Task goal: Write out again, exactly, the lines below starting at the one with "First seen g" and ending at the one with "-- the fields".

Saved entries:
Content starts
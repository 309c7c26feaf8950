-- ===== src/Csv/Collecting.antt =====
-- The loop of `parse_products_csv` of backend/app/modules/products_catalog/csv_io.py: every row goes to
-- the group of its SKU.
use retail_os.Core.Ensures.{
  Ensures-ok, Ensures-weaken, Ensures-if, Ensures-read, Ensures-raise_if, Ensures,
}
use retail_os.Core.Session.{ok, Session}
use retail_os.Csv.Grouping.{parse_products_csv-IsGrouped, data_rows, row_count, IsGrouped}
use retail_os.Csv.Values.{text_of}
use retail_os.Prelude.Rows.{length, any-append, All, select_all, select_one, any}
use retail_os.Prelude.Tables.{All-append, All-update_where, All-map_to, any-update_where}
use retail_os.Prelude.Related.{
  select_all-append_out, select_all-any_none, Related-append, select_one-last, select_all-append_in,
  select_one-append, Related,
}
use mathlib.Core.List.{append-nil, append_assoc}
use retail_os.Csv.Readings.{parse_variant-IsVariant, parse_group-IsGroup}
use retail_os.Csv.Groups.{
  parse_products_csv, ProductImportVariantRow, ProductImportGroup, parse_row, parse_rows,
  parse_table, append_variant, has_sku, cell,
}
use retail_os.Csv.Readings.{value, Row, numbered, sku_is, IsVariant, IsGroup, IsRead}
use retail_os.Csv.Wire.{read_rows, Text, Rows, done, broken, next}
use retail_os.Prelude.{
  suc, ◌+◌, str_eq_self, sym, ℕ, subst, inr, ap, inl, ◌∙◌, refl, eq_iff, Bool-cases, arith, some,
  ◌++◌, String, ◌≡◌, List, true, false, [], ◌∷◌,
}

module _ (header : List Text) (rows : List Row) (row : Row) where
  abbrev key : String
  key = text_of (value header row "sku")

  abbrev First : List Row → ProductImportGroup → Type 0
  First seen g = (r : Row) × (select_one (sku_is header g.sku) seen ≡ some r) × IsGroup header r g

  abbrev Reads : List Row → ProductImportGroup → Type 0
  Reads seen g = Related (IsVariant header) (select_all (sku_is header g.sku) seen) g.variants

  abbrev more : List Row
  more = rows ++ row ∷ []

  key-sku_is : (g : ProductImportGroup) → sku_is header g.sku row ≡ has_sku key g
  key-sku_is g = ground (arith, eq_iff key g.sku, eq_iff g.sku key)

  -- the fields of a group do not hang on its variants
  with_variants-First :
      (vs : List ProductImportVariantRow) (g : ProductImportGroup)
      → First more g
      → First more (record g { variants = vs })
  with_variants-First vs g (r, e, h) = (
    r,
    e,
    record {
      sku = h.sku;
      name = h.name;
      unit = h.unit;
      description = h.description;
      category = h.category;
      brand = h.brand;
      gender = h.gender;
      season = h.season;
      age_group = h.age_group;
      hsn_code = h.hsn_code;
      tax_percent = h.tax_percent;
      low_stock_threshold = h.low_stock_threshold;
      track_inventory = h.track_inventory;
      allow_negative_stock = h.allow_negative_stock;
    },
  )

  more-First : (gs : List ProductImportGroup) → All (First rows) gs → All (First more) gs
  more-First gs h =
      All-map_to (First rows) (First more) gs
        (λ g f. (f.0, select_one-append (sku_is header g.sku) rows row f.0 f.1, f.2)) h

  append_variant-First :
      (v : ProductImportVariantRow) (gs : List ProductImportGroup)
      → All (First more) gs
      → All (First more) (append_variant key v gs)
  append_variant-First v gs h =
      All-update_where (First more) (has_sku key) _ gs
        (λ g. with_variants-First (g.variants ++ v ∷ []) g) h

  append_variant-Reads :
      (v : ProductImportVariantRow) (gs : List ProductImportGroup)
      → IsVariant header row v
      → All (Reads rows) gs
      → All (Reads more) (append_variant key v gs)
  append_variant-Reads v [] is h = tt
  append_variant-Reads v (g ∷ gs) is h = elim (Bool-cases (has_sku key g)) [
    | inl e ↦
        rw (e, select_all-append_in (sku_is header g.sku) rows row (key-sku_is g ∙ e))
          (
            Related-append (IsVariant header) _ g.variants row v h.0 is,
            append_variant-Reads v gs is h.1,
          )
    | inr e ↦
        rw (e, select_all-append_out (sku_is header g.sku) rows row (key-sku_is g ∙ e))
          (h.0, append_variant-Reads v gs is h.1)
  ]

  append_variant-any :
      (k : String) (v : ProductImportVariantRow) (gs : List ProductImportGroup)
      → any (has_sku k) (append_variant key v gs) ≡ any (has_sku k) gs
  append_variant-any k v gs = any-update_where (has_sku k) (has_sku key) _ gs (λ g. refl)

  added_sku :
      (k : String) (v : ProductImportVariantRow) (gs : List ProductImportGroup)
      → any (has_sku key) gs ≡ true
      → any (sku_is header k) rows ≡ any (has_sku k) gs
      → any (sku_is header k) more ≡ any (has_sku k) (append_variant key v gs)
  added_sku k v gs there h =
      any-append (sku_is header k) rows (row ∷ []) ∙ elim (Bool-cases (sku_is header k row)) [
        | inl e ↦
            let there' : any (has_sku k) gs ≡ true =
              subst (λ x. any (has_sku x) gs ≡ true) ((eq_iff key k).0 e) there in
            rw (e, append_variant-any k v gs, h, there') refl
        | inr e ↦ rw (e, append_variant-any k v gs, h) (ground arith)
      ]

  -- the row's group is there
  added-IsRead :
      (v : ProductImportVariantRow) (gs : List ProductImportGroup)
      → IsVariant header row v
      → any (has_sku key) gs ≡ true
      → IsRead header rows gs
      → IsRead header more (append_variant key v gs)
  added-IsRead v gs is there h = record {
    fields = append_variant-First v gs (more-First gs h.fields);
    variants = append_variant-Reads v gs is h.variants;
    skus = λ k. added_sku k v gs there (h.skus k);
  }

  -- the row opens a group
  opened-IsRead :
      (v : ProductImportVariantRow) (g : ProductImportGroup) (gs : List ProductImportGroup)
      → IsVariant header row v
      → IsGroup header row g
      → g.variants ≡ []
      → any (has_sku key) gs ≡ false
      → IsRead header rows gs
      → IsRead header more (append_variant key v (gs ++ g ∷ []))
  opened-IsRead v g gs is opens none_yet free h =
      let unseen : any (sku_is header g.sku) rows ≡ false =
        subst (λ k. any (sku_is header k) rows ≡ false) (sym opens.sku) (h.skus key ∙ free) in
      let its : sku_is header g.sku row ≡ true = rw (opens.sku) (str_eq_self key) in
      record {
        fields = append_variant-First v (gs ++ g ∷ []) (
            All-append (First more) gs (g ∷ []) (more-First gs h.fields)
              ((row, select_one-last (sku_is header g.sku) rows row unseen its, opens), tt));
        variants = append_variant-Reads v (gs ++ g ∷ []) is (
            All-append (Reads rows) gs (g ∷ []) h.variants
              (rw (select_all-any_none (sku_is header g.sku) rows unseen, none_yet) tt, tt));
        skus = λ k.
            any-append (sku_is header k) rows (row ∷ [])
            ∙ rw
                (
                  append_variant-any k v (gs ++ g ∷ []),
                  any-append (has_sku k) gs (g ∷ []),
                  opens.sku,
                  h.skus k,
                )
                refl;
      }

parse_row-IsRead :
    (header : List Text) (n : ℕ) (cells : List Text) (rows : List Row)
    (gs : List ProductImportGroup) (s : Session)
    → IsRead header rows gs
    → Ensures
        (λ gs' s'. (s' ≡ s) × IsRead header (rows ++ (n, cells) ∷ []) gs')
        (parse_row header n cells gs s)
unfolding parse_row cell
parse_row-IsRead header n cells rows gs s h =
    let row : Row = (n, cells) in
    let k = key header rows row in
    let Q = λ (gs' : List ProductImportGroup) (s' : Session).
      (s' ≡ s) × IsRead header (rows ++ row ∷ []) gs' in
    Ensures-raise_if Q _ _ _ s λ _.
      Ensures-read Q (IsVariant header row) _ _ s (parse_variant-IsVariant header n cells s) λ v is.
        Ensures-if Q (any (has_sku k) gs) _ _ s
          (λ there. (refl, added-IsRead header rows row v gs is there h))
          (λ free.
            Ensures-read Q (λ g. IsGroup header row g × (g.variants ≡ [])) _ _ s
              (parse_group-IsGroup header n cells s)
              λ g opens. (refl, opened-IsRead header rows row v g gs is opens.0 opens.1 free h))

parse_rows-IsRead :
    (header : List Text) (n : ℕ) (rest : Rows) (rows : List Row) (gs : List ProductImportGroup)
    (s : Session)
    → IsRead header rows gs
    → Ensures
        (λ gs' s'. (s' ≡ s) × IsRead header (rows ++ numbered n rest) gs')
        (parse_rows header n rest gs s)
unfolding parse_rows
parse_rows-IsRead header n done rows gs s h = (refl, rw (append-nil rows) h)
parse_rows-IsRead header n broken rows gs s h = tt
parse_rows-IsRead header n (next [] rest) rows gs s h = parse_rows-IsRead header n rest rows gs s h
parse_rows-IsRead header n (next (c ∷ cs) rest) rows gs s h =
    let row : Row = (n, c ∷ cs) in
    let Q = λ (gs' : List ProductImportGroup) (s' : Session).
      (s' ≡ s) × IsRead header (rows ++ row ∷ numbered (n + 1) rest) gs' in
    Ensures-read Q (IsRead header (rows ++ row ∷ [])) _ _ s
      (parse_row-IsRead header n (c ∷ cs) rows gs s h)
      λ gs' h'.
        Ensures-weaken Q _ _ (parse_rows-IsRead header (n + 1) rest (rows ++ row ∷ []) gs' s h')
          λ gs'' s' k. (
            k.0,
            subst (λ xs. IsRead header xs gs'')
                (append_assoc rows (row ∷ []) (numbered (n + 1) rest)) k.1,
          )

numbered-length : (n : ℕ) (rows : Rows) → length (numbered n rows) ≡ row_count rows
unfolding row_count
numbered-length n done = refl
numbered-length n broken = refl
numbered-length n (next [] rest) = numbered-length n rest
numbered-length n (next (c ∷ cs) rest) = ap suc (numbered-length (n + 1) rest)

-- A file with a header, whose other rows were read into the groups.
abbrev pub Parsed : Rows → List ProductImportGroup → Type 0
Parsed rows groups =
    (header : List Text) × (rest : Rows) × (rows ≡ next header rest)
    × IsRead header (numbered 2 rest) groups
    × IsGrouped (length (numbered 2 rest)) groups

parse_table-Parsed :
    (rows : Rows) (s : Session) {groups : List ProductImportGroup} {s' : Session}
    → parse_table rows s ≡ (ok groups, s')
    → IsGrouped (data_rows rows) groups
    → Parsed rows groups
unfolding parse_table
parse_table-Parsed done s e h = cc
parse_table-Parsed broken s e h = cc
parse_table-Parsed (next header rest) s {groups} {s'} e h =
    let Q = λ (gs : List ProductImportGroup) (s₁ : Session). IsRead header (numbered 2 rest) gs in
    let empty : IsRead header [] [] = record { fields = tt; variants = tt; skus = λ k. refl } in
    (
      header,
      rest,
      refl,
      Ensures-ok Q _
          (Ensures-raise_if Q _ _ _ s λ _.
            Ensures-weaken Q _ _ (parse_rows-IsRead header 2 rest [] [] s empty) λ gs s₁ k. k.1)
          e,
      subst (λ n. IsGrouped n groups) (sym (numbered-length 2 rest)) h,
    )

-- Parsing that returns leaves the session alone, and the file has a header. Numbered from 2, each row
-- behind it that has a cell is read into exactly one variant of one group: a group has, in order, one
-- variant for every row with its SKU, with the row's number, size, colour and prices and with its variant
-- SKU or, where that is blank, its SKU; the other fields of the group are those of the first such row.
-- The SKUs of the groups are those of the rows, no two groups share one, every group has a variant, and
-- there are as many variants as rows.
pub parse_products_csv-Parsed :
    (csv_text : Text) (s : Session) {groups : List ProductImportGroup} {s' : Session}
    → parse_products_csv csv_text s ≡ (ok groups, s')
    → (s' ≡ s) × Parsed (read_rows csv_text) groups
parse_products_csv-Parsed csv_text s e =
    let h = parse_products_csv-IsGrouped csv_text s e in
    (h.0, parse_table-Parsed (read_rows csv_text) s e h.1)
Content ends
Output below:
  First seen g = (r : Row) × (select_one (sku_is header g.sku) seen ≡ some r) × IsGroup header r g

  abbrev Reads : List Row → ProductImportGroup → Type 0
  Reads seen g = Related (IsVariant header) (select_all (sku_is header g.sku) seen) g.variants

  abbrev more : List Row
  more = rows ++ row ∷ []

  key-sku_is : (g : ProductImportGroup) → sku_is header g.sku row ≡ has_sku key g
  key-sku_is g = ground (arith, eq_iff key g.sku, eq_iff g.sku key)

  -- the fields of a group do not hang on its variants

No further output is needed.